Red Sox Quote of the Day, vol. 6 (Please Dice-K, Please! Edition)

This is from a nice tribute to Red Sox manager Tito Francona from a former player, Doug Glanville, in a New York Times op-ed piece. The nice guy may not finish first this year but he's certainly turned things around at Fenway ... and it's nice to see the Sox finally achieve success this way, as opposed to some of the other options out there. "It is rare to find a “players’ manager” who could also outmanage the best tacticians of the game. He could and did, by sweeping Tony LaRussa and the Cardinals in the 2004 World Series. LaRussa is renowned for his managerial prowess and cutting-edge techniques, but Francona was a step ahead of him. He had figured out a way to combine chalkboard expertise with his innate feel for people."

Red Sox Quote of the Day, vol. 5 (not panicking yet edition)

"Somebody was going to be down, 2-1," said Mark Kotsay, who had two of the Sox' seven hits. "This team has got a lot of character. I don't think anybody in here is in a panic mode or worried. We're at home. We'll come out tomorrow and play hard and hopefully tie this back up." -- as quoted by Amalie Benjamin in today's Globe. Good attitude, dude. Now make it so.

Red Sox quote of the day vol. 4 (going back to Boston edition)

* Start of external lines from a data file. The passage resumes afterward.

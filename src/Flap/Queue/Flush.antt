-- ===== src/Flap/Queue/Flush.antt =====
-- txqueue.c: what aim_tx_flushqueue sends, and what it leaves in the queue.
use irssi_icq.Base.{
  ap₂, ==_iff, subst, ℕ, Option, List, [], ◌∷◌, ◌++◌, ◌≡◌, ◌∙◌, Bool, true, false, not, ◌==◌, ◌&&◌,
  if◌then◌else◌, refl, ap, All, arith, Bool-cases, inl, inr, append_assoc, append-nil, sym, if_true,
  if_false,
}
use irssi_icq.Bstream.View.{IsValid}
use irssi_icq.Ssi.Sync.Agree.{IsMemory}
use irssi_icq.Flap.{Conn, Frame, Queues, in_progress, frametype_flap, sendframe_flap}
use irssi_icq.Flap.Bytes.{encode_frame}
use irssi_icq.Flap.Send.{IsSink, sendframe_flap-encode_frame}
use irssi_icq.Flap.Queue.{purge, update, tx_sendframe, flush_one, flush_loop, tx_flushqueue}

abbrev applied :
    {S : Type 0} → (ℕ → Conn) → (ℕ → S) → ℕ → Bool × Frame × Conn × S → Frame × (ℕ → Conn) × (ℕ → S)
applied conns socks k r = (r.1, update conns k r.2, update socks k r.3)

-- A frame that sendframe_flap can send.
abbrev pub Sendable : Frame → Type 0
Sendable fr = (fr.hdrtype ≡ frametype_flap) × IsValid fr.payload

module _ (busy : ℕ → Bool) where
  -- Whether the frame is to be sent: not handled, on a connection that is not busy.
  abbrev pub due : Frame → Bool
  due fr = fr.handled == 0 && not (busy fr.conn)

  -- What a flush sends on one connection.
  abbrev pub sent : ℕ → List Frame → List ℕ
  sent conn [] = []
  sent conn (fr ∷ rest) =
      (if due fr && conn == fr.conn then encode_frame fr else []) ++ sent conn rest

  -- What a flush leaves.
  abbrev pub kept : List Frame → List Frame
  kept [] = []
  kept (fr ∷ rest) = if fr.handled == 0 && busy fr.conn then fr ∷ kept rest else kept rest

module _ {S : Type 0} (send : S → List ℕ → Option ℕ × S) (outgoing : S → List ℕ)
    (sink : IsSink send outgoing) (mem : ℕ → List ℕ) (mm : IsMemory mem) (now : ℕ)
    (busy : ℕ → Bool) where
  -- What a round does: the frame that stays is in the queue after the purge or not, and on each
  -- connection the bytes sent are known.
  abbrev Round : (ℕ → S) → Frame → Frame × (ℕ → Conn) × (ℕ → S) → Type 0
  Round socks cur r =
      ((rest : List Frame)
        → purge (r.0 ∷ rest)
          ≡ (if cur.handled == 0 && busy cur.conn then cur ∷ purge rest else purge rest))
      × ((a : ℕ) → in_progress (r.1 a) ≡ busy a)
      × ((a : ℕ)
          → outgoing (r.2 a)
            ≡ outgoing (socks a)
              ++ (if due busy cur && a == cur.conn then encode_frame cur else []))

  module _ (conns : ℕ → Conn) (socks : ℕ → S) (cur : Frame)
      (b : (a : ℕ) → in_progress (conns a) ≡ busy a) where
    flush_one-handled :
        (cur.handled == 0) ≡ false → flush_one send mem now conns socks cur ≡ (cur, conns, socks)
    flush_one-handled h = unfold flush_one in if_true _ _ (ap not h)

    flush_one-busy :
        (cur.handled == 0) ≡ true
        → busy cur.conn ≡ true
        → flush_one send mem now conns socks cur ≡ (cur, conns, socks)
    flush_one-busy h w =
        unfold flush_one in (if_false _ _ (ap not h) ∙ if_true _ _ (b cur.conn ∙ w))

    flush_one-open :
        (cur.handled == 0) ≡ true
        → busy cur.conn ≡ false
        → flush_one send mem now conns socks cur
          ≡ applied conns socks cur.conn
              (tx_sendframe send mem now (conns cur.conn) cur (socks cur.conn))
    flush_one-open h w =
        unfold flush_one in (if_false _ _ (ap not h) ∙ if_false _ _ (b cur.conn ∙ w))

    tx_sendframe-flap :
        (conn : Conn) (s : S)
        → cur.hdrtype ≡ frametype_flap
        → tx_sendframe send mem now conn cur s ≡ sendframe_flap send mem now conn cur s
    tx_sendframe-flap conn s flap = unfold tx_sendframe in if_true _ _ (flap_type _ flap)
      where
        flap_type : (t : ℕ) → t ≡ frametype_flap → (t == frametype_flap) ≡ true
        flap_type t e = ground (arith, e)

    flush_one-due :
        (cur.handled == 0) ≡ true
        → busy cur.conn ≡ false
        → Sendable cur
        → (s : S) × (flush_one send mem now conns socks cur ≡ (
          record cur { handled = 1 },
          update conns cur.conn (record (conns cur.conn) { lastactivity = now }),
          update socks cur.conn s,
        ))
          × (outgoing s ≡ outgoing (socks cur.conn) ++ encode_frame cur)
    flush_one-due h w (flap, v) =
        let (s, e, out) =
          sendframe_flap-encode_frame send outgoing sink mem now (conns cur.conn) cur
            (socks cur.conn) mm v in
        (
          s,
          flush_one-open h w
              ∙ ap (applied conns socks cur.conn)
                  (tx_sendframe-flap (conns cur.conn) (socks cur.conn) flap ∙ e),
          out,
        )

  stays :
      {A : Type 0} (handled busy : Bool) (l m : A)
      → (handled && not busy) ≡ false
      → (if not handled then m else l) ≡ (if handled && busy then l else m)
  stays false busy l m h = refl
  stays true false l m h = cc
  stays true true l m h = refl

  skipped :
      (conns : ℕ → Conn) (socks : ℕ → S) (cur : Frame)
      → ((a : ℕ) → in_progress (conns a) ≡ busy a)
      → due busy cur ≡ false
      → Round socks cur (cur, conns, socks)
  skipped conns socks cur b h = (
    λ rest. unfold purge in stays (cur.handled == 0) (busy cur.conn) _ _ h,
    b,
    λ a. rw h (sym (append-nil _)),
  )

  update_busy :
      (conns : ℕ → Conn) (k a : ℕ)
      → ((a : ℕ) → in_progress (conns a) ≡ busy a)
      → in_progress (update conns k (record (conns k) { lastactivity = now }) a) ≡ busy a
  update_busy conns k a b = elim (Bool-cases (a == k)) [
    | inl e ↦ rw e (b k ∙ ap busy (sym ((==_iff a k).0 e)))
    | inr e ↦ rw e (b a)
  ]

  update_sent :
      (socks : ℕ → S) (cur : Frame) (s : S)
      → (cur.handled == 0) ≡ true
      → busy cur.conn ≡ false
      → outgoing s ≡ outgoing (socks cur.conn) ++ encode_frame cur
      → (a : ℕ)
      → outgoing (update socks cur.conn s a)
        ≡ outgoing (socks a) ++ (if due busy cur && a == cur.conn then encode_frame cur else [])
  update_sent socks cur s new ready out a = elim (Bool-cases (a == cur.conn)) [
    | inl e ↦
        rw (new, ready, e)
          (out ∙ ap (λ k. outgoing (socks k) ++ encode_frame cur) (sym ((==_iff a cur.conn).0 e)))
    | inr e ↦ rw (new, ready, e) (sym (append-nil _))
  ]

  flush_one_lem :
      (conns : ℕ → Conn) (socks : ℕ → S) (cur : Frame)
      → ((a : ℕ) → in_progress (conns a) ≡ busy a)
      → Sendable cur
      → Round socks cur (flush_one send mem now conns socks cur)
  unfolding purge
  flush_one_lem conns socks cur b ok = elim (Bool-cases (cur.handled == 0)) [
    | inl new ↦ elim (Bool-cases (busy cur.conn)) [
      | inl waits ↦
          subst (Round socks cur) (sym (flush_one-busy conns socks cur b new waits))
            (skipped conns socks cur b (ap₂ (λ x y. x && not y) new waits))
      | inr ready ↦
          (let (s, e, out) = flush_one-due conns socks cur b new ready ok in
            subst (Round socks cur) (sym e) (
              λ rest. sym (if_false _ _ (ap₂ ◌&&◌ new ready)),
              λ a. update_busy conns cur.conn a b,
              λ a. update_sent socks cur s new ready out a,
            ))
    ]
    | inr done ↦
        subst (Round socks cur) (sym (flush_one-handled conns socks cur b done))
          (skipped conns socks cur b (ap (λ x. x && not (busy cur.conn)) done))
  ]

  flush_loop_lem :
      (conns : ℕ → Conn) (socks : ℕ → S) (frs : List Frame)
      → ((a : ℕ) → in_progress (conns a) ≡ busy a)
      → All Sendable frs
      → (purge (flush_loop send mem now conns socks frs).0 ≡ kept busy frs)
        × ((a : ℕ)
            → outgoing ((flush_loop send mem now conns socks frs).2 a)
              ≡ outgoing (socks a) ++ sent busy a frs)
  unfolding flush_loop
  flush_loop_lem conns socks [] b ok = (unfold purge in refl, λ a. sym (append-nil _))
  flush_loop_lem conns socks (cur ∷ rest) b ok =
      let one = flush_one_lem conns socks cur b ok.0 in
      let r = flush_one send mem now conns socks cur in
      let more = flush_loop_lem r.1 r.2 rest one.1 ok.1 in
      (
        one.0 (flush_loop send mem now r.1 r.2 rest).0
            ∙ ap (λ l. if cur.handled == 0 && busy cur.conn then cur ∷ l else l) more.0,
        λ a.
            more.1 a
            ∙ ap (λ o. o ++ sent busy a rest) (one.2 a)
            ∙ append_assoc (outgoing (socks a))
                (if due busy cur && a == cur.conn then encode_frame cur else []) (sent busy a rest),
      )

-- A flush of frames that can be sent: what leaves on a connection that is connected is, behind what left
-- before, the frames of the queue for this connection that were not handled, each once and in the queue's order; a
-- connection in progress sends nothing; and in the queue stay, in their order, exactly the frames
-- that were not handled and wait for a connection in progress.
pub tx_flushqueue-sent :
    {S : Type 0} (send : S → List ℕ → Option ℕ × S) (outgoing : S → List ℕ) (mem : ℕ → List ℕ)
    (now : ℕ) (conns : ℕ → Conn) (socks : ℕ → S) (q : Queues)
    → IsSink send outgoing
    → IsMemory mem
    → All Sendable q.outgoing
    → ((tx_flushqueue send mem now conns socks q).0
        ≡ record q { outgoing = kept (λ a. in_progress (conns a)) q.outgoing })
      × ((conn : ℕ)
          → outgoing ((tx_flushqueue send mem now conns socks q).2 conn)
            ≡ outgoing (socks conn) ++ sent (λ a. in_progress (conns a)) conn q.outgoing)
unfolding tx_flushqueue
tx_flushqueue-sent send outgoing mem now conns socks q sink mm ok =
    let run =
      flush_loop_lem send outgoing sink mem mm now (λ a. in_progress (conns a)) conns socks
        q.outgoing (λ a. refl) ok in
    (ap (λ l. record q { outgoing = l }) run.0, run.1)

"Like I said from the beginning, it doesn't matter to me who's the No. 1 starter and who's the No. 5 starter,’’ Lester said Sunday in anticipation of his Game 3 start. "We all have equal importance to this team when it comes to winning. I just try to go out and execute pitches. Hopefully I can go deep in the game and give the bullpen a rest and give it to [Jonathan Papelbon], and anytime you get to Pap with the lead, we're doing pretty good.’’ -- That's pitcher Jon Lester, quoted by the Boston Globe's Tony Massarotti. Boy will we all be glad to see Lester on the mound, as well as the friendly green of Fenway. I haven't entirely forgotten about books, though -- in fact my recent reading and my Red Sox in the playoffs obsession merged for awhile there as I read Dennis Lehane's new novel, "The Given Day." It's historical and it's epic and Babe Ruth shows up a couple times, in his last year with the Sox (the book is set in 1918-1919 -- I wonder what it says about us as a society that the trade of the Babe to the Yankees is far better known to New England schoolchildren than the Boston police strike which is the climax to the book?